In September 2005, the Mendoza government loaned $ 8,714,025 to the public transport company Cacique SA, although the company was in bankruptcy since 2002 and already owed to the province by gross revenue, automotive taxes and stamps.

The data contained in a judgment of the Court of Auditors Mendoza published in April 2008. The money, meanwhile, corresponds to the Financing Fund and Public and Private Investment, an initiative to productive projects, under the provincial governor and is managed by the "Fund Administrator of transformation and growth." The Watchdog ruled on accountability by the Administrator in 2005, a period that also records other irregularities in the credits.

The company had requested a loan to buy groups and give a payment schedule of 54 months.
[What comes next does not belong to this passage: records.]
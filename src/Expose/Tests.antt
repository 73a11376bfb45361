-- ===== src/Expose/Tests.antt =====
-- The theorems of the client at concrete connections and requests.
use loophole.Base.{
  ℕ, zero, suc, ◌≡◌, ◌≤◌, ◌+◌, ◌*◌, ◌^◌, refl, inl, min, true, false, some, List, [], ◌∷◌, ◌++◌,
  err, arith, All, all, ltb,
}
use loophole.Text.{Text, codes, starts_with, contains_char}
use loophole.Text.Lines.{joined, to_lowercase}
use loophole.Text.Utf8.{as_bytes, IsScalar}
use loophole.Expose.Reconnect.{new, next_delay, max_delay, next_delay_lem}
use loophole.Expose.Forwarder.Defs.{rewrite_host_header}
use loophole.Expose.Forwarder.Rewriting.{IsHead, replaced_all, rewrite_host_header-body}
use loophole.Expose.Run.Defs.{Round, retries_exceeded, panicked, is_fatal, run, contains_text}
use loophole.Expose.Run.Retries.{AllFail, run-gives_up, run-panics}

next_delay_lem_example :
    (delay : ℕ) × (next_delay (record { attempts = 3 }) 250
      ≡ some (record { attempts = 3 + 1 }, delay))
    × (delay ≤ max_delay)
    × (min (9_000 * 2 ^ 3) max_delay ≤ delay)
    × (delay ≤ 11_000 * 2 ^ 3)
next_delay_lem_example = next_delay_lem (record { attempts = 3 }) 250 (omega arith)

abbrev failing : Round
failing = record { connection = err (codes "Failed to connect to server"); nanos = 5 }

abbrev copies : ℕ → List Round
copies zero = []
copies (suc n) = failing ∷ copies n

failing-fails : is_fatal (codes "Failed to connect to server") ≡ false
unfolding is_fatal contains_text starts_with
failing-fails = refl

copies-AllFail : (n : ℕ) → AllFail (copies n)
copies-AllFail zero = tt
copies-AllFail (suc n) = (failing-fails, copies-AllFail n)

run-gives_up_example : run 3 new (copies 5) ≡ retries_exceeded
run-gives_up_example =
    run-gives_up 3 (copies 5) (copies-AllFail 5) (omega arith) (omega arith) (omega arith)

run-panics_example : run 0 new (copies 65) ≡ panicked
run-panics_example = run-panics 0 (copies 65) (copies-AllFail 65) (inl refl) (omega arith)

ascii-IsScalar : (s : Text) → all (λ c. ltb c 128) s ≡ true → All IsScalar s
ascii-IsScalar [] h = tt
ascii-IsScalar (c ∷ s) h = (inl (ground arith), ascii-IsScalar s (ground arith))

abbrev head_lines : List Text
head_lines = codes "GET / HTTP/1.1" ∷ codes "Host: a" ∷ [] ∷ []

with_body-IsHead : IsHead head_lines (codes "x=1")
unfolding joined contains_char
with_body-IsHead = record {
  clean = (refl, (refl, (refl, tt)));
  clean_last = refl;
  scalars = ascii-IsScalar (joined head_lines ++ codes "x=1") refl;
}

rewrite_host_header-body_example :
    rewrite_host_header (as_bytes (joined head_lines ++ codes "x=1")) (codes "b")
    ≡ as_bytes (joined (replaced_all (codes "b") head_lines) ++ (codes "x=1" ++ codes "\r\n"))
rewrite_host_header-body_example =
    rewrite_host_header-body head_lines (codes "x=1") (codes "b") with_body-IsHead (λ e. cc)
      (unfold to_lowercase starts_with in refl)
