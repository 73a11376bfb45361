-- ===== src/Http/Blocks.antt =====
-- Blocks of header lines, each ended by CRLF, and where `find_header_end` finds their end.
use mathlib.Core.Option
use mathlib.Core.List.{append_assoc}
use loophole.Base.{
  ℕ, zero, suc, ◌+◌, ◌≡◌, ◌≢◌, refl, false, some, List, [], ◌∷◌, ◌++◌, arith, length, take,
  length-append, All, eq-false_of_ne-true,
}
use loophole.Text.{◌==◌, contains_char}
use loophole.Text.Laws.{eq_iff}
use loophole.Text.Utf8.{Bytes}
use loophole.Http.{crlf, terminator, scan, find_header_end}

scan-cons : (x : ℕ) (xs : Bytes) (n i : ℕ) → scan (x ∷ xs) n (suc i) ≡ Option.map suc (scan xs n i)
unfolding scan
scan-cons x xs zero i = refl
scan-cons x xs (suc n) i = ground (arith, scan-cons x xs n (suc i))

-- The search moves on past a byte at which no terminator stands.
find_header_end-cons :
    (x : ℕ) (xs : Bytes)
    → (take 4 (x ∷ xs) == terminator) ≡ false
    → find_header_end (x ∷ xs) ≡ Option.map suc (find_header_end xs)
unfolding find_header_end scan
find_header_end-cons x [] miss = refl
find_header_end-cons x (a ∷ []) miss = refl
find_header_end-cons x (a ∷ b ∷ []) miss = refl
find_header_end-cons x (a ∷ b ∷ c ∷ xs) miss =
    ground (arith, scan-cons x (a ∷ b ∷ c ∷ xs) (length xs) 0)

window_miss : (x : ℕ) (xs : Bytes) → x ≢ 13 → (take 4 (x ∷ xs) == terminator) ≡ false
window_miss x xs h =
    eq-false_of_ne-true _ (λ e. ground (arith, eq_iff (take 4 (x ∷ xs)) terminator))

-- It moves on past a line without a carriage return.
find_header_end-append_line :
    (l rest : Bytes) (k : ℕ)
    → contains_char 13 l ≡ false
    → find_header_end rest ≡ some k
    → find_header_end (l ++ rest) ≡ some (length l + k)
unfolding contains_char
find_header_end-append_line [] rest k h e = ground arith
find_header_end-append_line (x ∷ l) rest k h e = ground (
  arith,
  find_header_end-append_line l rest k,
  find_header_end-cons x (l ++ rest),
  window_miss x (l ++ rest),
)

-- It moves on past the end of a line, if another line follows.
find_header_end-append_crlf :
    (c : ℕ) (rest : Bytes) (k : ℕ)
    → c ≢ 13
    → find_header_end (c ∷ rest) ≡ some k
    → find_header_end (crlf ++ c ∷ rest) ≡ some (2 + k)
find_header_end-append_crlf c rest k h e =
    let first : (take 4 (13 ∷ 10 ∷ c ∷ rest) == terminator) ≡ false =
      eq-false_of_ne-true _ (λ m. crlf_window c rest h ((eq_iff _ _).0 m)) in
    ground (
      arith,
      find_header_end-cons 13 (10 ∷ c ∷ rest),
      find_header_end-cons 10 (c ∷ rest),
      window_miss 10 (c ∷ rest),
      first,
    )
  where
    crlf_window : (c : ℕ) (rest : Bytes) → c ≢ 13 → take 4 (13 ∷ 10 ∷ c ∷ rest) ≢ terminator
    crlf_window c [] h m = cc
    crlf_window c (d ∷ rest) h m = ground arith

-- Lines, each with CRLF behind it.
unfoldable pub block : List Bytes → Bytes
block [] = []
block (l ∷ ls) = l ++ (crlf ++ block ls)

pub block-append : (ks ls : List Bytes) → block (ks ++ ls) ≡ block ks ++ block ls
unfolding block
block-append [] ls = refl
block-append (k ∷ ks) ls = simp (block-append ks ls, append_assoc)

-- A line of a head: not empty, and with no carriage return.
abbrev pub IsLine : Bytes → Type 0
IsLine l = (l ≢ []) × (contains_char 13 l ≡ false)

-- The head of a message ends where its block of lines does, whatever body follows.
pub find_header_end-block :
    (l : Bytes) (ls : List Bytes) (body : Bytes)
    → IsLine l
    → All IsLine ls
    → (pos : ℕ) × (find_header_end (block (l ∷ ls) ++ (crlf ++ body)) ≡ some pos)
      × (pos + 2 ≡ length (block (l ∷ ls)))
unfolding block contains_char find_header_end scan ◌==◌
find_header_end-block l [] body h hs = (
  length l,
  rw (append_assoc l crlf (crlf ++ body))
      (ground (arith, find_header_end-append_line l (crlf ++ (crlf ++ body)) 0 h.1)),
  omega (arith, length-append l crlf),
)
find_header_end-block l ([] ∷ ls) body h ((k, _), ks) = absurd (k refl)
find_header_end-block l ((c ∷ m) ∷ ls) body h (k, ks) =
    let (pos, found, size) = find_header_end-block (c ∷ m) ls body k ks in
    let rest : Bytes = block ((c ∷ m) ∷ ls) in
    (
      length l + (2 + pos),
      rw (append_assoc l (crlf ++ rest) (crlf ++ body)) (
          find_header_end-append_line l _ (2 + pos) h.1
            (find_header_end-append_crlf c _ pos (λ e. ground arith) found)),
      omega (arith, size, length-append l (crlf ++ rest)),
    )
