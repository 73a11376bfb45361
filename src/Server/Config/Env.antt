-- ===== src/Server/Config/Env.antt =====
-- The sources of a configuration: a TOML file or environment variables. Reading a file and parsing
-- TOML are the arguments `file` and `toml`; the environment is the argument `env`.
use mathlib.Core.Option
use loophole.Base.{
  ℕ, Bool, true, false, ◌||◌, Option, none, some, List, [], ◌∷◌, map, Result, ok, err, eqb,
  if◌then◌else◌, is_empty, unwrap_or, is_some,
}
use loophole.Base.Results.{◌>>=◌}
use loophole.Text.{Text, codes, ◌==◌, trim, split, eq_ignore_ascii_case}
use loophole.Text.Numbers.{parse_uint}
use loophole.Map
use loophole.Map.{Map}
use loophole.Server.Config.Defs.{
  TokenConfig, HttpsConfig, Config, config_version, default_http_port, default_https_port,
  default_request_timeout, default_max_body, default_idle_timeout, default_acme_directory,
  default_certs_dir,
}

pub data ConfigError : Type 0 where
  missing_variable : Text → ConfigError
  no_tokens : ConfigError
  unreadable_file malformed_file : ConfigError
  unsupported_version : ℕ → ConfigError
  file_not_found : Text → ConfigError
  no_configuration : ConfigError

-- The names of `mod env`.
abbrev pub domain_var : Text
domain_var = codes "LOOPHOLE_DOMAIN"

abbrev pub http_port_var : Text
http_port_var = codes "LOOPHOLE_HTTP_PORT"

abbrev pub https_port_var : Text
https_port_var = codes "LOOPHOLE_HTTPS_PORT"

abbrev pub tokens_var : Text
tokens_var = codes "LOOPHOLE_TOKENS"

abbrev pub admin_tokens_var : Text
admin_tokens_var = codes "LOOPHOLE_ADMIN_TOKENS"

abbrev pub acme_email_var : Text
acme_email_var = codes "LOOPHOLE_ACME_EMAIL"

abbrev pub acme_staging_var : Text
acme_staging_var = codes "LOOPHOLE_ACME_STAGING"

abbrev pub acme_directory_var : Text
acme_directory_var = codes "LOOPHOLE_ACME_DIRECTORY"

abbrev pub certs_dir_var : Text
certs_dir_var = codes "LOOPHOLE_CERTS_DIR"

abbrev pub request_timeout_var : Text
request_timeout_var = codes "LOOPHOLE_REQUEST_TIMEOUT_SECS"

abbrev pub max_body_var : Text
max_body_var = codes "LOOPHOLE_MAX_REQUEST_BODY_BYTES"

abbrev pub idle_timeout_var : Text
idle_timeout_var = codes "LOOPHOLE_IDLE_TUNNEL_TIMEOUT_SECS"

-- `env::var(name).ok().and_then(|s| s.parse().ok()).unwrap_or_else(default)`.
unfoldable pub number_or : ℕ → Option Text → ℕ → ℕ
number_or bits none default = default
number_or bits (some s) default = unwrap_or (parse_uint bits s) default

-- The non-empty names of a comma-separated list, trimmed.
unfoldable pub non_empty : List Text → List Text
non_empty [] = []
non_empty (t ∷ ts) = let rest = non_empty ts in if is_empty t then rest else t ∷ rest

unfoldable pub token_names : Text → List Text
unfolding non_empty
token_names s = non_empty (map trim (split b',' s))

unfoldable pub add_tokens : Bool → Map TokenConfig → List Text → Map TokenConfig
add_tokens admin m [] = m
add_tokens admin m (t ∷ ts) = add_tokens admin (Map.insert m t (record { admin = admin })) ts

-- The tokens, with the admin tokens added last.
unfoldable pub all_tokens : Text → Option Text → Map TokenConfig
unfolding add_tokens
all_tokens tokens_str none = add_tokens false [] (token_names tokens_str)
all_tokens tokens_str (some admin_str) =
    add_tokens true (add_tokens false [] (token_names tokens_str)) (token_names admin_str)

is_true : Text → Bool
is_true s = eq_ignore_ascii_case s (codes "true") || s == codes "1"

https_from_env : (Text → Option Text) → Text → HttpsConfig
unfolding is_true
https_from_env env email = record {
  email = email;
  directory = unwrap_or (env acme_directory_var) default_acme_directory;
  certs_dir = unwrap_or (env certs_dir_var) default_certs_dir;
  staging = unwrap_or (Option.map is_true (env acme_staging_var)) false;
  ca_file = none;
}

abbrev required : (Text → Option Text) → Text → Result ConfigError Text
required env name = elim (env name) [ none ↦ err (missing_variable name) | some s ↦ ok s ]

-- `Config::from_env`. A `usize` has 64 bits.
unfoldable pub from_env : (Text → Option Text) → Result ConfigError Config
unfolding number_or https_from_env
from_env env = do
  domain ← required env domain_var
  tokens_str ← required env tokens_var
  let tokens = all_tokens tokens_str (env admin_tokens_var)
  if is_empty tokens
      then err no_tokens
      else ok (record {
        version = config_version;
        server = record {
          domain = domain;
          http_port = number_or 16 (env http_port_var) default_http_port;
          https_port = number_or 16 (env https_port_var) default_https_port;
        };
        tokens = tokens;
        limits = record {
          request_timeout_secs = number_or 64 (env request_timeout_var) default_request_timeout;
          max_request_body_bytes = number_or 64 (env max_body_var) default_max_body;
          idle_tunnel_timeout_secs = number_or 64 (env idle_timeout_var) default_idle_timeout;
        };
        https = Option.map (https_from_env env) (env acme_email_var);
      })

module _ (file : Text → Option Text) (toml : Text → Option Config) where
  -- `Config::load`: the file is read, parsed, and its version checked.
  unfoldable pub load : Text → Result ConfigError Config
  load path = elim (file path) [
    | none ↦ err unreadable_file
    | some content ↦ elim (toml content) [
      | none ↦ err malformed_file
      | some config ↦
          if eqb config.version config_version
          then ok config
          else err (unsupported_version config.version)
    ]
  ]

  -- `Config::load_or_from_env`: the file if it exists, else the environment if it names a domain.
  unfoldable pub load_or_from_env :
      (Text → Bool) → (Text → Option Text) → Option Text → Result ConfigError Config
  load_or_from_env present env none =
      if is_some (env domain_var) then from_env env else err no_configuration
  load_or_from_env present env (some path) =
      if present path
      then load path
      else if is_some (env domain_var)
      then from_env env
      else err (file_not_found path)
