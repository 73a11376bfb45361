-- ===== src/Server/Config/Toml.antt =====
-- server/config.rs: what `serde` makes of a TOML document by the attributes of the configuration. The
-- document is what the `toml` crate has read: every table by its path, the root and those that a
-- longer path implies included. A value of another kind, such as a float or an array, is `other`.
use mathlib.Core.Option
use loophole.Base.{
  ℕ, ◌^◌, Bool, true, false, Option, none, some, List, [], ◌∷◌, ltb, if◌then◌else◌, ◌>>=◌, is_some,
  is_empty, ◌&&◌,
}
use loophole.Text.{Text, codes, ◌==◌}
use loophole.Map
use loophole.Map.{Map}
use loophole.Server.Config.Defs.{
  TokenConfig, ServerConfig, HttpsConfig, LimitsConfig, Config, config_version, default_http_port,
  default_https_port, default_request_timeout, default_max_body, default_idle_timeout,
  default_acme_directory, default_certs_dir, default_limits,
}

pub data Value : Type 0 where
  string : Text → Value
  integer : ℕ → Value
  boolean : Bool → Value
  other : Value

abbrev pub Table : Type 0
Table = Map Value

abbrev pub Toml : Type 0
Toml = List (List Text × Table)

-- The types of the fields: a text, a number of so many bits, a truth value.
abbrev as_text : Value → Option Text
as_text (string s) = some s
as_text _ = none

abbrev as_uint : ℕ → Value → Option ℕ
as_uint bits (integer n) = if ltb n (2 ^ bits) then some n else none
as_uint bits _ = none

abbrev as_bool : Value → Option Bool
as_bool (boolean b) = some b
as_bool _ = none

-- A field with a default, one that must be there, and one that may be missing.
abbrev field_or : {A : Type 0} → (Value → Option A) → Table → Text → A → Option A
field_or read t name default = elim (Map.get t name) [ none ↦ some default | some v ↦ read v ]

abbrev required : {A : Type 0} → (Value → Option A) → Table → Text → Option A
required read t name = elim (Map.get t name) [ none ↦ none | some v ↦ read v ]

abbrev optional : {A : Type 0} → (Value → Option A) → Table → Text → Option (Option A)
optional read t name = elim (Map.get t name) [
  | none ↦ some none
  | some v ↦ Option.map some (read v)
]

abbrev same_path : List Text → List Text → Bool
same_path [] [] = true
same_path [] (q ∷ qs) = false
same_path (p ∷ ps) [] = false
same_path (p ∷ ps) (q ∷ qs) = p == q && same_path ps qs

-- The table with a path.
unfoldable pub table_at : Toml → List Text → Option Table
table_at [] path = none
table_at ((p, t) ∷ ts) path = if same_path p path then some t else table_at ts path

unfoldable pub server_config : Table → Option ServerConfig
server_config t = do
  domain ← required as_text t (codes "domain")
  http_port ← field_or (as_uint 16) t (codes "http_port") default_http_port
  https_port ← field_or (as_uint 16) t (codes "https_port") default_https_port
  some (record { domain = domain; http_port = http_port; https_port = https_port })

unfoldable pub https_config : Table → Option HttpsConfig
https_config t = do
  email ← required as_text t (codes "email")
  directory ← field_or as_text t (codes "directory") default_acme_directory
  certs_dir ← field_or as_text t (codes "certs_dir") default_certs_dir
  staging ← field_or as_bool t (codes "staging") false
  ca_file ← optional as_text t (codes "ca_file")
  some (record {
    email = email;
    directory = directory;
    certs_dir = certs_dir;
    staging = staging;
    ca_file = ca_file;
  })

unfoldable pub limits_config : Table → Option LimitsConfig
limits_config t = do
  request_timeout ← field_or (as_uint 64) t (codes "request_timeout_secs") default_request_timeout
  max_body ← field_or (as_uint 64) t (codes "max_request_body_bytes") default_max_body
  idle_timeout ← field_or (as_uint 64) t (codes "idle_tunnel_timeout_secs") default_idle_timeout
  some (record {
    request_timeout_secs = request_timeout;
    max_request_body_bytes = max_body;
    idle_tunnel_timeout_secs = idle_timeout;
  })

unfoldable pub token_config : Table → Option TokenConfig
token_config t = do
  admin ← field_or as_bool t (codes "admin") false
  some (record { admin = admin })

-- The tables below `tokens`.
unfoldable pub token_configs : Toml → Option (Map TokenConfig)
token_configs [] = some []
token_configs (((section ∷ name ∷ []), t) ∷ ts) =
    if section == codes "tokens"
    then (do config ← token_config t; rest ← token_configs ts; some ((name, config) ∷ rest))
    else token_configs ts
token_configs (_ ∷ ts) = token_configs ts

-- A table that may be missing, with what is made of it.
abbrev table_or : {A : Type 0} → (Table → Option A) → Option Table → A → Option A
table_or make none default = some default
table_or make (some t) default = make t

-- `https`, or `acme` by its alias, but not both.
abbrev https_table : Toml → Option (Option Table)
https_table doc = elim (table_at doc (codes "https" ∷ [])) [
  | none ↦ some (table_at doc (codes "acme" ∷ []))
  | some t ↦ if is_some (table_at doc (codes "acme" ∷ [])) then none else some (some t)
]

-- `tokens` must be there and hold nothing but tables.
abbrev has_tokens : Toml → Bool
has_tokens doc = elim (table_at doc (codes "tokens" ∷ [])) [ none ↦ false | some t ↦ is_empty t ]

abbrev https_of : Option Table → Option (Option HttpsConfig)
https_of none = some none
https_of (some t) = Option.map some (https_config t)

-- `Config`, as `Deserialize` is derived for it.
unfoldable pub deserialize : Toml → Option Config
unfolding server_config https_config limits_config token_configs token_config table_at
deserialize doc = do
  version ← elim (table_at doc []) [
    | none ↦ some config_version
    | some root ↦ field_or (as_uint 32) root (codes "version") config_version
  ]
  server_table ← table_at doc (codes "server" ∷ [])
  server ← server_config server_table
  tokens ← token_configs doc
  limits ← table_or limits_config (table_at doc (codes "limits" ∷ [])) default_limits
  https_section ← https_table doc
  https ← https_of https_section
  if has_tokens doc
      then some (record {
        version = version;
        server = server;
        tokens = tokens;
        limits = limits;
        https = https;
      })
      else none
When Cacique received the money it owed "commercial rates with management Asset Management in former official banks for more than $ 9 million," said the Court.

The fund manager a "referee" body composed of the ministers of Production, Technology and Innovation, Finance and Infrastructure, Housing and Transport, approved the loan by Resolution 29, signed on September 12th 2005. This happened even though Article 3 of Regulation clarifies Terms of beings that cannot be supported "natural or legal persons who are inhibited, disabled, bankrupt or failed" or that "if they had unpaid debts to the province."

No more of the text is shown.